DATA SUPPLIED below:

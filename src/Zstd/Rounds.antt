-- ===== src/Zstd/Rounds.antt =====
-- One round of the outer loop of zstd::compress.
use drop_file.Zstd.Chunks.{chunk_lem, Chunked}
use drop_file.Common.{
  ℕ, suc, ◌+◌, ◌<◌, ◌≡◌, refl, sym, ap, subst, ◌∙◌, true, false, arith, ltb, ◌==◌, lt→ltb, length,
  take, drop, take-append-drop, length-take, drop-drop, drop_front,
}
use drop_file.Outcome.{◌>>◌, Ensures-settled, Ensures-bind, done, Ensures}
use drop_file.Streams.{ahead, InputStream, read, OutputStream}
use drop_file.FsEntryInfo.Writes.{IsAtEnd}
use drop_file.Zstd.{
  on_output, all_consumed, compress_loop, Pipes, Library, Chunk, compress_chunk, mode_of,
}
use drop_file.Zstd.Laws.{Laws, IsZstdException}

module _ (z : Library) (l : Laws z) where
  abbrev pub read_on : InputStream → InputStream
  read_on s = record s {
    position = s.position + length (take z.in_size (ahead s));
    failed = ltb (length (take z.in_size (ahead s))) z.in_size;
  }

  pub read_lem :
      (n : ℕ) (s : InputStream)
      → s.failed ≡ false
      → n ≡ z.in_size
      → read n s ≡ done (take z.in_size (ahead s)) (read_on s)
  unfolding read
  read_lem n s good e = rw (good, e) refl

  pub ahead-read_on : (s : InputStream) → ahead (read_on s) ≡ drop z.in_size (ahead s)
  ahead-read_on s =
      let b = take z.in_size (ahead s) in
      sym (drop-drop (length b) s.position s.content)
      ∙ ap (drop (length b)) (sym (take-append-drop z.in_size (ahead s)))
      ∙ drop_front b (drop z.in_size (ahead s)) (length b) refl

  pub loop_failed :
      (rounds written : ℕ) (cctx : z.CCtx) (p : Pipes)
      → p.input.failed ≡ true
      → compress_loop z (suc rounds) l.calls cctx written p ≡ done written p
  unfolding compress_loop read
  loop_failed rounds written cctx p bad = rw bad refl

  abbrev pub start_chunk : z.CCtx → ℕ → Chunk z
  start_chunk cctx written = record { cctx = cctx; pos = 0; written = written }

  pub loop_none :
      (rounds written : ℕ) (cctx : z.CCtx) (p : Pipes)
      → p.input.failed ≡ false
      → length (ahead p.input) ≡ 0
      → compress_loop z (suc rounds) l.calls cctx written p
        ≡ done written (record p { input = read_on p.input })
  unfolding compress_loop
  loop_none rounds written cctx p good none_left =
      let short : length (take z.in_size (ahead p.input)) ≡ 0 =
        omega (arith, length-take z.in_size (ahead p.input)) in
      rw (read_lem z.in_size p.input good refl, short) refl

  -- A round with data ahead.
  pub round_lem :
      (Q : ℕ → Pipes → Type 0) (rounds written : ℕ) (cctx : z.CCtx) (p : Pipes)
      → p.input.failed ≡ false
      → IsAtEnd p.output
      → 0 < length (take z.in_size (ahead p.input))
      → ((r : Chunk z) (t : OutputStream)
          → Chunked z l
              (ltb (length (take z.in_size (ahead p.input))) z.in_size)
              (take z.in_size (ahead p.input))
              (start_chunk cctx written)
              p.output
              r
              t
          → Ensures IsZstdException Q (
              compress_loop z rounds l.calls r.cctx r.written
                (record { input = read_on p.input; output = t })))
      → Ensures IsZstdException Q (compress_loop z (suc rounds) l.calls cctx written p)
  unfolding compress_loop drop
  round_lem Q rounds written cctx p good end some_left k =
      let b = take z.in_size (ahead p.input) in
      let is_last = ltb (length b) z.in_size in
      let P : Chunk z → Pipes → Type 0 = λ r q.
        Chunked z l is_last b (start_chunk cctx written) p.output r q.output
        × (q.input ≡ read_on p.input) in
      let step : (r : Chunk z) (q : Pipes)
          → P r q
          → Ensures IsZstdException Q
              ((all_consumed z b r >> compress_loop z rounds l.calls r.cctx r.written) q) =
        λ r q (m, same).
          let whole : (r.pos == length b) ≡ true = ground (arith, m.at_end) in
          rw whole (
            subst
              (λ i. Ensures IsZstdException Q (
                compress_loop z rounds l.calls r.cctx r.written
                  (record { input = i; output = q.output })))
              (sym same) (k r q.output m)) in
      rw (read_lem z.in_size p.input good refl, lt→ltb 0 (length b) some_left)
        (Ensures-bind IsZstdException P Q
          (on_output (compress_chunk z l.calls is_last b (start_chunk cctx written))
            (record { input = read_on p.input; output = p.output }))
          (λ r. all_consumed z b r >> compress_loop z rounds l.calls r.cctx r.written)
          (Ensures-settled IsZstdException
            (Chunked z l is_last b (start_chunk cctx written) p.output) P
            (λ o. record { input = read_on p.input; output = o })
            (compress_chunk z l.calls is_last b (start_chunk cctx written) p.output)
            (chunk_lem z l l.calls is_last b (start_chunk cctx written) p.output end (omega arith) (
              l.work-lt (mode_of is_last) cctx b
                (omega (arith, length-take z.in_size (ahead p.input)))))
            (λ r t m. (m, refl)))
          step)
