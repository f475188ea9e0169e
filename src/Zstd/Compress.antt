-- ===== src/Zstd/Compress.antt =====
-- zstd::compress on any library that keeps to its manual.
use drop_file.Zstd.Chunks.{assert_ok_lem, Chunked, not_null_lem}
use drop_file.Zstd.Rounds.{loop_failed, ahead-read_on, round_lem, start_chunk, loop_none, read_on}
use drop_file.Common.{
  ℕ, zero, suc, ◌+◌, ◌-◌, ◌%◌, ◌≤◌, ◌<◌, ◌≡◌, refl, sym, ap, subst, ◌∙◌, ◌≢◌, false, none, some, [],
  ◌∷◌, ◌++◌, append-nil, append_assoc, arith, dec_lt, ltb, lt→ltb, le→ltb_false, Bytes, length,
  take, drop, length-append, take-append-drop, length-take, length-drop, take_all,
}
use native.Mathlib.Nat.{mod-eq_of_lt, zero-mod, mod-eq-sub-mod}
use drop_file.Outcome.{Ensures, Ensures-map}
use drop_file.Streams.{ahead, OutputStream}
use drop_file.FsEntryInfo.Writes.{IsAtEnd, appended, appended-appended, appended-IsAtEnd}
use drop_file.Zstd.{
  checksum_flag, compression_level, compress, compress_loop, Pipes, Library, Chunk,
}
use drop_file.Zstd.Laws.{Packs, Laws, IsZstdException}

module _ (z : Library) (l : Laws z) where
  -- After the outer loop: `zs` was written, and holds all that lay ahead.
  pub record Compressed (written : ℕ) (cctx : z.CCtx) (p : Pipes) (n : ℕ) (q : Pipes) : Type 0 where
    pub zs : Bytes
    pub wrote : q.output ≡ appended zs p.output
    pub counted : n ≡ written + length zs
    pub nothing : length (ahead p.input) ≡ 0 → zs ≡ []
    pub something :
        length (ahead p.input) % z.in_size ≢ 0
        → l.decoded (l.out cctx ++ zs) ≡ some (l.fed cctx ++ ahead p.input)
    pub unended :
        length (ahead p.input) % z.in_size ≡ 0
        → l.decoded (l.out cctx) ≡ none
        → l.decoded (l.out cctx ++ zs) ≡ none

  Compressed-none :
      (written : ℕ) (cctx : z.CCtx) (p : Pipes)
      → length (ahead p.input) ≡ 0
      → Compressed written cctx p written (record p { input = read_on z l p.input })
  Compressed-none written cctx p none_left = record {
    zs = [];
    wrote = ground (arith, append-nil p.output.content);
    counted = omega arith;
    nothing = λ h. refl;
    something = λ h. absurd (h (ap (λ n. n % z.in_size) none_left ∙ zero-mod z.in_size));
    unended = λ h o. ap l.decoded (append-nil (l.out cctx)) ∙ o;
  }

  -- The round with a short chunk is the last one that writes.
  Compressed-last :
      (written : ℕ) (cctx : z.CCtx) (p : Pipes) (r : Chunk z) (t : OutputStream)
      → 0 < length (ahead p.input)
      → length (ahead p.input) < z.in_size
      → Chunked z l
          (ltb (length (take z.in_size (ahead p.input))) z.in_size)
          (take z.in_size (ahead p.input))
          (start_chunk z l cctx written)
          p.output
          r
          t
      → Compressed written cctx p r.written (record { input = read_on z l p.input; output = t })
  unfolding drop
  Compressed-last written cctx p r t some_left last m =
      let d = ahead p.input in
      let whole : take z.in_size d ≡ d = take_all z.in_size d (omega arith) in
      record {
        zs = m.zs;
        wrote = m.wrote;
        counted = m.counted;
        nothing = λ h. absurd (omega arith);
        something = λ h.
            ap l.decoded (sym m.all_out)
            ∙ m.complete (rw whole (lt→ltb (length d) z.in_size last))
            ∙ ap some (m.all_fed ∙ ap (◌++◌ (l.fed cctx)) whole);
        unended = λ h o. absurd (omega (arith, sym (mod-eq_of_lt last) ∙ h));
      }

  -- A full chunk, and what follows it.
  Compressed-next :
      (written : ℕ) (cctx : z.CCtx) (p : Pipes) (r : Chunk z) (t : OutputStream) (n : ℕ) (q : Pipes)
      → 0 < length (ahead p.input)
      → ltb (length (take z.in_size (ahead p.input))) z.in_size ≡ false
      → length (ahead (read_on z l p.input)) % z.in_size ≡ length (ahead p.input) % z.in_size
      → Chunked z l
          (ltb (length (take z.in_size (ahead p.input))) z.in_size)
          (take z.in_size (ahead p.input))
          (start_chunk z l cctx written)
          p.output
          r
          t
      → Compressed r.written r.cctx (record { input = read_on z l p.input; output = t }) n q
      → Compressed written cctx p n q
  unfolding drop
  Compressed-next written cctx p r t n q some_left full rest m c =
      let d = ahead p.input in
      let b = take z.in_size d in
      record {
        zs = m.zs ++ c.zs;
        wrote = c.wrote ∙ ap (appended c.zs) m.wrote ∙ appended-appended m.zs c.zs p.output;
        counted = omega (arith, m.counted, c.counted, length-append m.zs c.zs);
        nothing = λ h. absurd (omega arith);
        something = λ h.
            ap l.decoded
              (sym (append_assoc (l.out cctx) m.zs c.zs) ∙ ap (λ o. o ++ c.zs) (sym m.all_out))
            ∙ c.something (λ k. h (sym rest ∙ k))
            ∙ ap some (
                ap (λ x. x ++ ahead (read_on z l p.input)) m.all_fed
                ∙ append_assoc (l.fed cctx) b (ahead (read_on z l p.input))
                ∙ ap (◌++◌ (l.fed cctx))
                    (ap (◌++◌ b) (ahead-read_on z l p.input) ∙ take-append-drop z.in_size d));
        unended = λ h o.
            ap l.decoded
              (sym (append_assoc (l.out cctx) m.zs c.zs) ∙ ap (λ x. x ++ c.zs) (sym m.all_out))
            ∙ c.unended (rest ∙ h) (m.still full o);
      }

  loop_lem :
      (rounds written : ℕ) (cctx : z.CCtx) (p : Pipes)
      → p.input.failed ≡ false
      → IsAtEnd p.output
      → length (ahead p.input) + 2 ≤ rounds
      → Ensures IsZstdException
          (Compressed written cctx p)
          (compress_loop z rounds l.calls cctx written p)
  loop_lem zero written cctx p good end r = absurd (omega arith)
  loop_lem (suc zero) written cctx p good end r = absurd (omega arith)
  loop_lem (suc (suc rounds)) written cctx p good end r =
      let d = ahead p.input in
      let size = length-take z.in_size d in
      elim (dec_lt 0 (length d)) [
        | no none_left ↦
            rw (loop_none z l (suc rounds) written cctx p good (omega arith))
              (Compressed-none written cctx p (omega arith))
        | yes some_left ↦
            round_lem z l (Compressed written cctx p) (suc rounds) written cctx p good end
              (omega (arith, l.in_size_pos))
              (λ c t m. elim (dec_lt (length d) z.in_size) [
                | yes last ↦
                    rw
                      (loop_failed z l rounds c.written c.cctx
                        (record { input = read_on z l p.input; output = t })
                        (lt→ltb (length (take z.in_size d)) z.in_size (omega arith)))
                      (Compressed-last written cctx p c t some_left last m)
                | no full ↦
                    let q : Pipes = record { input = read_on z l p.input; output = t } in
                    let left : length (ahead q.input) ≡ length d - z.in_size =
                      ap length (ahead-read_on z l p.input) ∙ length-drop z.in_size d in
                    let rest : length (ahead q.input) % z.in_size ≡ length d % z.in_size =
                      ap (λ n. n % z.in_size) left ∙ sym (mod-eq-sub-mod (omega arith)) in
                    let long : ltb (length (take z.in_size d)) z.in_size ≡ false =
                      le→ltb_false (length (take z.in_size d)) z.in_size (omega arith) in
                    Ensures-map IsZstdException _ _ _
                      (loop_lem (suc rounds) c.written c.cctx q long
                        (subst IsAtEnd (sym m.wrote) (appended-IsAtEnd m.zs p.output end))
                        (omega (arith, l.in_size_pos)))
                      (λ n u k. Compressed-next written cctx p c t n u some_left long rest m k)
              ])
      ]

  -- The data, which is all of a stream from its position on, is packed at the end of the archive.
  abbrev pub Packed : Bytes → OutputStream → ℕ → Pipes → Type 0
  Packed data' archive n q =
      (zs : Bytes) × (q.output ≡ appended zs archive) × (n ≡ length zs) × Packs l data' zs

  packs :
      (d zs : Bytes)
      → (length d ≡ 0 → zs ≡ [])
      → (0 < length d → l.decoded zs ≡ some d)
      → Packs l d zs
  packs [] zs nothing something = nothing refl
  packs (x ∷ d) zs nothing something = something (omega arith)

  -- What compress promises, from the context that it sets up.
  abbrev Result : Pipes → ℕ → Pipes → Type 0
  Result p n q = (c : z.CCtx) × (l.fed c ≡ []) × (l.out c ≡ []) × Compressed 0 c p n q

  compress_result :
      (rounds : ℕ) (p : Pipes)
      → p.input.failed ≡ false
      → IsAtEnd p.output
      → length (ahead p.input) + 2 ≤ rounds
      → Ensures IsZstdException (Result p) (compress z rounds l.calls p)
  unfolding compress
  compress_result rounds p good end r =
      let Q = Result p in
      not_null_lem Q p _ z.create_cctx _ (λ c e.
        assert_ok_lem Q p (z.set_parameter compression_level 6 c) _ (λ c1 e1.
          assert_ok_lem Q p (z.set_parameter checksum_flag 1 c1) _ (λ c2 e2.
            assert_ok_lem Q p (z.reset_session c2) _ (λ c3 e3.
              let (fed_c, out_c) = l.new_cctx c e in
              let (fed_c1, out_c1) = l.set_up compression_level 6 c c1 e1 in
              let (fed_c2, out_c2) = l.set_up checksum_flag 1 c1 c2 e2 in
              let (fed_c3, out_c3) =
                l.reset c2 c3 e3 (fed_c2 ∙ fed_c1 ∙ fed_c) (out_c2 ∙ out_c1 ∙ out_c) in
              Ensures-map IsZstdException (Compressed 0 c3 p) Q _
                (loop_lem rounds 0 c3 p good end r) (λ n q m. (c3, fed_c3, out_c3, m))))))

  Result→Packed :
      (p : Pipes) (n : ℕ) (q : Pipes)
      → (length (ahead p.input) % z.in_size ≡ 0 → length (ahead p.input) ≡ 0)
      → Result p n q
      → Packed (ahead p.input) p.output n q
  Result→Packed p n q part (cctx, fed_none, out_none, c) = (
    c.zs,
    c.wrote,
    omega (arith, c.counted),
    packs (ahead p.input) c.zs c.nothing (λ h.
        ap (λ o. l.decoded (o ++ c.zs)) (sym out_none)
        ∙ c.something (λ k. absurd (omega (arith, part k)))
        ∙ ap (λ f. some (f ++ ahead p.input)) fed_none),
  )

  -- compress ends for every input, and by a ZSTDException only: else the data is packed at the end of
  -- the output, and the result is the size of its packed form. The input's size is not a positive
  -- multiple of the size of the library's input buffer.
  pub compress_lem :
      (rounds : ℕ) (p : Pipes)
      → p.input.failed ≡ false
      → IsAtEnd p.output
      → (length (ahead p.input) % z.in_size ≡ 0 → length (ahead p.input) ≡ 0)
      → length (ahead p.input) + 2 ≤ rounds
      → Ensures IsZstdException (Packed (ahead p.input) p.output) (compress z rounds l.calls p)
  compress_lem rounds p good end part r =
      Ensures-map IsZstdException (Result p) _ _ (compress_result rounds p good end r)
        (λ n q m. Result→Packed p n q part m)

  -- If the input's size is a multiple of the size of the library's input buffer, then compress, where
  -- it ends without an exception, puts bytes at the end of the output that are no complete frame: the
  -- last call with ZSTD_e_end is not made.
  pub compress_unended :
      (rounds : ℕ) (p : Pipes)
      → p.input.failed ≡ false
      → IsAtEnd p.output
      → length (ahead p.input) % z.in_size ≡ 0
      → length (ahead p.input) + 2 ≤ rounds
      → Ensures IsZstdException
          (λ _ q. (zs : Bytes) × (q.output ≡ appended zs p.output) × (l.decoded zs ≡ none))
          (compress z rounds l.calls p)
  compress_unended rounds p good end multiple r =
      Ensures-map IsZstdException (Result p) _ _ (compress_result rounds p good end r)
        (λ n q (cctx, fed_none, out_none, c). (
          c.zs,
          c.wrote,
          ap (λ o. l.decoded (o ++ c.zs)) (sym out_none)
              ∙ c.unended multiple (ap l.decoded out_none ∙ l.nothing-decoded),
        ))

End of DATA SUPPLIED.

* WHAT TO DO *
Whenever a line in the material above holds the string "antt", copy that line in full.

* ANSWER TO THIS TASK *
filename src/Zstd/Rounds.antt
-- ===== src/Zstd/Rounds.antt =====
filename src/Zstd/Compress.antt
-- ===== src/Zstd/Compress.antt =====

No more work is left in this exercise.